2

I am using syncoid from sanoid project to create copies of ZFS filesystems on a different machine in my test environment (a couple of Raspberry Pi)

I messed up with a snapshot on origin machine: one server panicked during a snapshot transfer and later I deleted the snapshot that was being transferred.

I manually created a new snapshot and successfully restored it on target.

Now, when I run syncoid on target server using:

 ${SYNCOID} --sshkey="${SSH_KEY}" root@${REMOTE_SERVER}:${SRC_POOL}/${SAMPLE_FILESYSTEM} ${DEST_POOL}

it complains it cannot resume a send/receive transaction

During normal operations, syncoid retrieves the receive_resume_token on target machine:

/usr/local/sbin/zfs get -H receive_resume_token 'destpool/samplefs'

If it finds one, it tries to retrieve the snapshot corresponding to that token on source machine:

ssh sourceserver zfs send -t (token stored in receive_resume_token retrieved above) | (network stuff...) | zfs receive -s -F 'destpool/samplefs'

cannot resume send: 'sourcepool/samplefs@samplesnap' used in the initial send no longer exists

The only way to have it working is adding the "--no-resume" flag to syncoid command. This is not what i want, since some filesystems are very large and systems crashes are likely in this invironment.
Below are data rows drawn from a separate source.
-- ===== src/Strlib/Pattern/Reads.antt =====
-- lstrlib.cpp: the reads of a pattern that classend and the tests of a class make.
use cpplua.Prelude.{
  ℕ, zero, suc, ◌+◌, ◌-◌, ◌≤◌, ◌<◌, ◌≢◌, refl, Bool, List, [], ◌∷◌, length, get_or, ◌==◌, arith,
  le→leb, if◌then◌else◌, ltb, leb, true, false, ◌&&◌,
}
use cpplua.Prelude.Outcome.{◌>>=◌}
use cpplua.Prelude.Post.{
  returns, ends, Ends, Reads, Ends-Post, Ends-read, Ends-if, Ends-pure, Ends-raise, Ends_mono,
}
use cpplua.Strlib.Pattern.{Matcher, MatchState, char_at}
use cpplua.Strlib.Pattern.Classes.{
  skip_escape, class_scan, classend, bracket_step, bracket_scan, matchbracketclass, singlematch,
  match_class,
}

pub get_or-nonzero : (xs : List ℕ) (i : ℕ) → get_or xs i 0 ≢ 0 → i < length xs
get_or-nonzero [] i h = absurd (h refl)
get_or-nonzero (x ∷ xs) zero h = omega arith
get_or-nonzero (x ∷ xs) (suc i) h = omega (arith, get_or-nonzero xs i h)

-- a read within the string or of its final 0
pub char_at-Ends :
    {B : Type 0} {Q : B → MatchState → Type 0} (xs : List ℕ) (i : ℕ) {f : ℕ → Matcher B}
    {ms : MatchState}
    → i ≤ length xs
    → ((c : ℕ) → (c ≢ 0 → i < length xs) → Ends Q (f c) ms)
    → Ends Q (char_at xs i >>= f) ms
unfolding char_at
char_at-Ends {B} {Q} xs i {f} h k =
    ends (rw (le→leb _ _ h, ◌>>=◌) (Ends-Post (k _ (get_or-nonzero xs i))))

pub char_at-Reads :
    (xs : List ℕ) (i : ℕ) {ms : MatchState}
    → i ≤ length xs
    → Ends (Reads (λ _. Unit {0}) ms) (char_at xs i) ms
unfolding char_at
char_at-Reads xs i h = ends (rw (le→leb _ _ h) (returns (tt, refl)))

module _ (pat : List ℕ) (ms : MatchState) where
  abbrev pub Advances : ℕ → ℕ → Type 0
  Advances p q = (p < q) × (q ≤ length pat)

  abbrev pub Finds : ℕ → Matcher ℕ → Type 0
  Finds p m = Ends (Reads (Advances p) ms) m ms

  skip_escape-Advances : (c p : ℕ) → p < length pat → Finds p (skip_escape pat c p)
  unfolding skip_escape
  skip_escape-Advances c p h =
      Ends-if (c == b'%')
        (λ _. char_at-Ends pat (p + 1) (omega arith) (λ d k. Ends-pure (ground arith, refl)))
        (λ _. Ends-pure (omega arith, refl))

  class_scan-Advances :
      (fuel p : ℕ) → p ≤ length pat → length pat < p + fuel → Finds p (class_scan pat fuel p)
  unfolding class_scan
  class_scan-Advances zero p h room = absurd (omega arith)
  class_scan-Advances (suc fuel) p h room = char_at-Ends pat p h (λ c inside.
      Ends-if (c == 0) (λ _. Ends-raise)
        (λ more. Ends-read (skip_escape-Advances c p (inside (ground arith))) (λ q adv.
          char_at-Ends pat q adv.1 (λ d inside'.
            Ends-if (d == b']') (λ e. Ends-pure (ground (arith, inside'), refl))
              (λ _.
                Ends_mono (class_scan-Advances fuel q adv.1 (omega arith))
                  (λ a t (r, e). ((omega arith, r.1), e)))))))

  pub classend-Advances : (p : ℕ) → p < length pat → Finds p (classend pat p)
  unfolding classend
  classend-Advances p h = char_at-Ends pat p (omega arith) (λ c _.
      Ends-if (c == b'%')
        (λ _. char_at-Ends pat (p + 1) (omega arith) (λ d inside.
          Ends-if (d == 0) (λ _. Ends-raise) (λ more. Ends-pure (ground (arith, inside), refl))))
        (λ _.
          Ends-if (c == b'[')
            (λ _. char_at-Ends pat (p + 1) (omega arith) (λ d inside.
              Ends_mono
                (class_scan-Advances (length pat + 1) (if d == b'^' then p + 2 else p + 1)
                  (ground (arith, inside)) (ground arith))
                (λ a t (r, e). ((ground arith, r.1), e))))
            (λ _. Ends-pure (omega arith, refl))))

  abbrev pub Answers : Matcher Bool → Type 0
  Answers m = Ends (Reads (λ _. Unit {0}) ms) m ms

  bracket_step-Answers :
      (next : ℕ → Matcher Bool) (sig : Bool) (c ec q : ℕ)
      → q < ec
      → ec ≤ length pat
      → ((p : ℕ) → q ≤ p → p ≤ ec → Answers (next p))
      → Answers (bracket_step pat next sig c ec q)
  unfolding bracket_step
  bracket_step-Answers next sig c ec q h k ih = char_at-Ends pat q (omega arith) (λ x _.
      Ends-if (x == b'%')
        (λ _. char_at-Ends pat (q + 1) (omega arith) (λ y _.
          Ends-if (match_class c y) (λ _. Ends-pure (tt, refl))
            (λ _. ih (q + 1) (omega arith) (omega arith))))
        (λ _. char_at-Ends pat (q + 1) (omega arith) (λ y _.
          Ends-if (y == b'-' && ltb (q + 2) ec)
            (λ range. char_at-Ends pat (q + 2) (ground arith) (λ z _.
              Ends-if (leb x c && leb c z) (λ _. Ends-pure (tt, refl))
                (λ _. ih (q + 2) (omega arith) (ground arith))))
            (λ _.
              Ends-if (x == c) (λ _. Ends-pure (tt, refl))
                (λ _. ih q (omega arith) (omega arith))))))

  bracket_scan-Answers :
      (fuel : ℕ) (sig : Bool) (c ec p : ℕ)
      → 0 < fuel
      → ec < p + fuel
      → ec ≤ length pat
      → Answers (bracket_scan pat fuel sig c ec p)
  unfolding bracket_scan
  bracket_scan-Answers zero sig c ec p pos room h = absurd (omega arith)
  bracket_scan-Answers (suc fuel) sig c ec p pos room h =
      Ends-if (ltb (p + 1) ec)
        (λ below.
          bracket_step-Answers (bracket_scan pat fuel sig c ec) sig c ec (p + 1) (ground arith) h
            (λ q lo hi. bracket_scan-Answers fuel sig c ec q (omega arith) (omega arith) h))
        (λ _. Ends-pure (tt, refl))

  pub matchbracketclass-Answers :
      (c p ec : ℕ) → p < length pat → ec ≤ length pat → Answers (matchbracketclass pat c p ec)
  unfolding matchbracketclass
  matchbracketclass-Answers c p ec h k = char_at-Ends pat (p + 1) (omega arith) (λ d _.
      Ends-if (d == b'^')
        (λ _.
          bracket_scan-Answers (length pat + 1) false c ec (p + 1) (omega arith) (omega arith) k)
        (λ _. bracket_scan-Answers (length pat + 1) true c ec p (omega arith) (omega arith) k))

  pub singlematch-Answers :
      (c p ep : ℕ) → p < length pat → ep ≤ length pat → Answers (singlematch pat c p ep)
  unfolding singlematch
  singlematch-Answers c p ep h k = char_at-Ends pat p (omega arith) (λ x _.
      Ends-if (x == b'.') (λ _. Ends-pure (tt, refl))
        (λ _.
          Ends-if (x == b'%')
            (λ _. char_at-Ends pat (p + 1) (omega arith) (λ y _. Ends-pure (tt, refl)))
            (λ _.
              Ends-if (x == b'[') (λ _. matchbracketclass-Answers c p (ep - 1) h (omega arith))
                (λ _. Ends-pure (tt, refl)))))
I tried to clear that token by running:

 zfs recv -A 'srcpool/samplefs'

on source machine, and:

 zfs recv -A 'destpool/samplefs'

on target machine, i get:

srcpool/samplefs does not have any resumable receive state to abort

(on target machine it is destpool/samplefs)

Question is: Is there a way to clear the receive_resume_token attribute on target filesystem?

Please note that this problem is only present with ONE filesystem. There are many other working transfers on both machines in both directions using the same commands set.

Qippur
  • 135
  • 1
  • 10

1 Answers1

1

If zfs recv -A does not help, you can try destroying (or renaming) the destination dataset and resynching it.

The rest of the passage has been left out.